Strip-mined land is land thrown away. Usually, trash exists in a larger landscape; after strip-mining, the larger landscape is trash. Instead of adding a new layer to the palimpsest of the Great Plains, strip-mining destroys the palimpsest itself. Of a place where the imagination could move at will backward and even forward through time, strip-mining creates a kind of time prison. Even after “reclamation,” land that has been stripped gives you no year to think about but the year when the stripping happened.

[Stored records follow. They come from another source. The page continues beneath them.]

-- ===== src/ClientIndex/Rowwise.antt =====
-- What the filters of web/src/lib/client-index.ts mean for one row of the index, with no sets of rows and
-- no sorted order.
use tableverse.Prelude.{
  ℕ, ◌≡◌, ◌<◌, List, [], ◌∷◌, Option, none, some, Bool, true, false, not, ◌&&◌, ◌||◌, Text,
  text_key, length, get_elem?,
}
use tableverse.Prelude.Dict
use tableverse.ViewExpr.{
  Literal, null, boolean, number, string, Predicate, Predicates, eq, ne, gt, gte, lt, lte, between,
  in_values, not_in, contains, starts_with, ends_with, regex, is_null, is_not_null, and, or, nil,
  cons,
}
use tableverse.ClientIndex.{
  ColData, floats, strings, Numbers, Comparison, cmp_gt, cmp_gte, cmp_lt, cmp_lte, ClientIndex,
  compare_with, text_equal, has_prefix, has_suffix, includes, is_empty, same, is_in, rows_or_none,
}
use tableverse.ClientIndex.Sorted.{Ascending, InBounds}

-- The cell at a row passes a test.
unfoldable pub passes : {A : Type 0} → (A → Bool) → List A → ℕ → Bool
passes test xs i = elim (get_elem? xs i) [ none ↦ false | some x ↦ test x ]

unfoldable pub col_length : {N : Type 0} → ColData N → ℕ
col_length (floats xs) = length xs
col_length (strings xs) = length xs

-- An order for a column of texts: every row, in bounds, by ascending texts.
pub record IsOrder (xs : List Text) (rows : List ℕ) (total : ℕ) : Type 0 where
  pub inside : InBounds xs rows
  pub ascending : Ascending xs rows
  pub complete : (i : ℕ) → i < total → is_in i rows ≡ true

-- Every column has as many cells as the index has rows, and a column of texts has an order.
pub record IsIndexed {N : Type 0} (index : ClientIndex N) : Type 0 where
  pub lengths :
      (c : Text) (d : ColData N) → Dict.get c index.cols ≡ some d → col_length d ≡ index.total_rows
  pub orders :
      (c : Text) (xs : List Text)
      → Dict.get c index.cols ≡ some (strings xs)
      → IsOrder xs (rows_or_none (Dict.get c index.sorted_idx)) index.total_rows

module _ {N : Type 0} (numbers : Numbers N) (new_regex : Text → Option (Text → Bool)) where
  unfoldable pub row_cmp : ClientIndex N → Text → Literal N → Comparison → ℕ → Bool
  unfolding passes
  row_cmp index c (number n) op i = elim (Dict.get c index.cols) [
    | none ↦ true
    | some d ↦ elim d [
      | floats xs ↦ passes (λ v. compare_with numbers new_regex op v n) xs i
      | strings xs ↦ true
    ]
  ]
  row_cmp index c null op i = true
  row_cmp index c (boolean b) op i = true
  row_cmp index c (string s) op i = true

  unfoldable pub row_eq : ClientIndex N → Text → Literal N → ℕ → Bool
  unfolding passes
  row_eq index c value i = elim (Dict.get c index.cols) [
    | none ↦ true
    | some d ↦ elim d [
      | floats xs ↦ elim value [
        | number n ↦ passes (λ v. numbers.equal v n) xs i
        | null ↦ true
        | boolean b ↦ true
        | string s ↦ true
      ]
      | strings xs ↦ elim value [
        | string s ↦ passes (λ t. text_equal t s) xs i
        | null ↦ true
        | boolean b ↦ true
        | number n ↦ true
      ]
    ]
  ]

  unfoldable pub row_eq_any : ClientIndex N → Text → List (Literal N) → ℕ → Bool
  unfolding row_eq
  row_eq_any index c [] i = false
  row_eq_any index c (v ∷ vs) i = row_eq index c v i || row_eq_any index c vs i

  unfoldable pub row_match : ClientIndex N → Text → (Text → Bool) → ℕ → Bool
  unfolding passes
  row_match index c test i = elim (Dict.get c index.cols) [
    | none ↦ true
    | some d ↦ elim d [ floats xs ↦ true | strings xs ↦ passes test xs i ]
  ]

  unfoldable pub row_regex : ClientIndex N → Text → Option (Text → Bool) → ℕ → Bool
  unfolding row_match
  row_regex index c none i = true
  row_regex index c (some test) i = row_match index c test i

  unfoldable pub row_null : ClientIndex N → Text → Bool → ℕ → Bool
  unfolding passes
  row_null index c want i = elim (Dict.get c index.cols) [
    | none ↦ true
    | some d ↦ elim d [
      | floats xs ↦ passes (λ v. same (numbers.is_nan v) want) xs i
      | strings xs ↦ passes (λ s. same (is_empty s) want) xs i
    ]
  ]

  unfoldable mutual
    unfolding row_cmp row_eq_any row_match row_null

    pub row_holds : ClientIndex N → Predicate N → ℕ → Bool
    row_holds index (eq c v) i = row_eq index c v i
    row_holds index (ne c v) i = not (row_eq index c v i)
    row_holds index (gt c v) i = row_cmp index c v cmp_gt i
    row_holds index (gte c v) i = row_cmp index c v cmp_gte i
    row_holds index (lt c v) i = row_cmp index c v cmp_lt i
    row_holds index (lte c v) i = row_cmp index c v cmp_lte i
    row_holds index (between c lo hi) i =
        row_cmp index c lo cmp_gte i && row_cmp index c hi cmp_lte i
    row_holds index (in_values c vs) i = row_eq_any index c vs i
    row_holds index (not_in c vs) i = not (row_eq_any index c vs i)
    row_holds index (contains c v) i = row_match index c (includes v) i
    row_holds index (starts_with c v) i = row_match index c (has_prefix v) i
    row_holds index (ends_with c v) i = row_match index c (has_suffix v) i
    row_holds index (regex c pattern) i = row_regex index c (new_regex pattern) i
    row_holds index (is_null c) i = row_null index c true i
    row_holds index (is_not_null c) i = row_null index c false i
    row_holds index (and es) i = all_hold index es i
    row_holds index (or es) i = any_holds index es i
    row_holds index (Predicate.not e) i = not (row_holds index e i)

    pub all_hold : ClientIndex N → Predicates N → ℕ → Bool
    all_hold index nil i = true
    all_hold index (cons e es) i = row_holds index e i && all_hold index es i

    pub any_holds : ClientIndex N → Predicates N → ℕ → Bool
    any_holds index nil i = false
    any_holds index (cons e es) i = row_holds index e i || any_holds index es i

I fear for the Great Plains because many people think they are boring. Money and power in this country concentrate elsewhere. The view of the Great Plains from an airplane window is hardly more detailed than the view from a car on the interstate highways, which seem designed to get across in the least time possible, as if this were an awkward point in a conversation. In the minds of many, natural beauty means something that looks like Switzerland. The ecology movement often works best in behalf of winsome landscapes and wildlife. The Great Plains do not ingratiate. They seldom photograph well—or rather, they are seldom photographed. Images of the plains are not a popular feature of postcards or scenic calendars. And, in truth, parts of the plains are a little on the monotonous side. Convincing someone not to destroy a place that, to him, seems as unvaried as a TV test pattern is a challenge. The beauty of the plains is not just in themselves but in the sky, in what you think when you look at them, and in what they are not. A strip-mining machine could eat the Madison Buffalo Jump—a one-in-a-million piece of ground which fooled buffalo for thousands of years—for breakfast. By leaving nothing behind but a landscape of trash, strip-mining insults the future. By destroying the physical record, and by making the history of white people on the Great Plains look like nothing more than the progress of appetite, strip-mining also insults the past. Land that has been strip-mined reduces the whole story of the Great Plains to: chewed up, spit out.
6
ONE day, on the street in front of my apartment in New York (this was before I moved to Montana), I met a Sioux Indian named Le War Lance. I had just been reading a study of recent economic conditions on Sioux reservations. The authors seemed puzzled that so few Sioux were interested in raising sugar beets or working in a house-trailer factory. As I waited for the light to change, I noticed that the man standing next to me resembled many pictures of Sioux that I had seen. I said, “Are you a Sioux?” He smiled and said, “I’m an Oglala Sioux Indian from Oglala, South Dakota.” He said his name and asked for mine. He had to lean over to hear me. He was more than six feet tall. He was wearing the kind of down coat that is stuffed with something other than down—knee-length, belted around the waist, in a light rescue orange polished with dirt on the creases—blue jeans lengthened with patches of denim of a different shade from knee to cuff, cowboy boots, a beaded leather ponytail holder. His hair was straight and black with streaks of gray, and it hung to his waist in back. After I saw him, I never cut my hair again. In one hand he was holding a sixteen-ounce can of beer.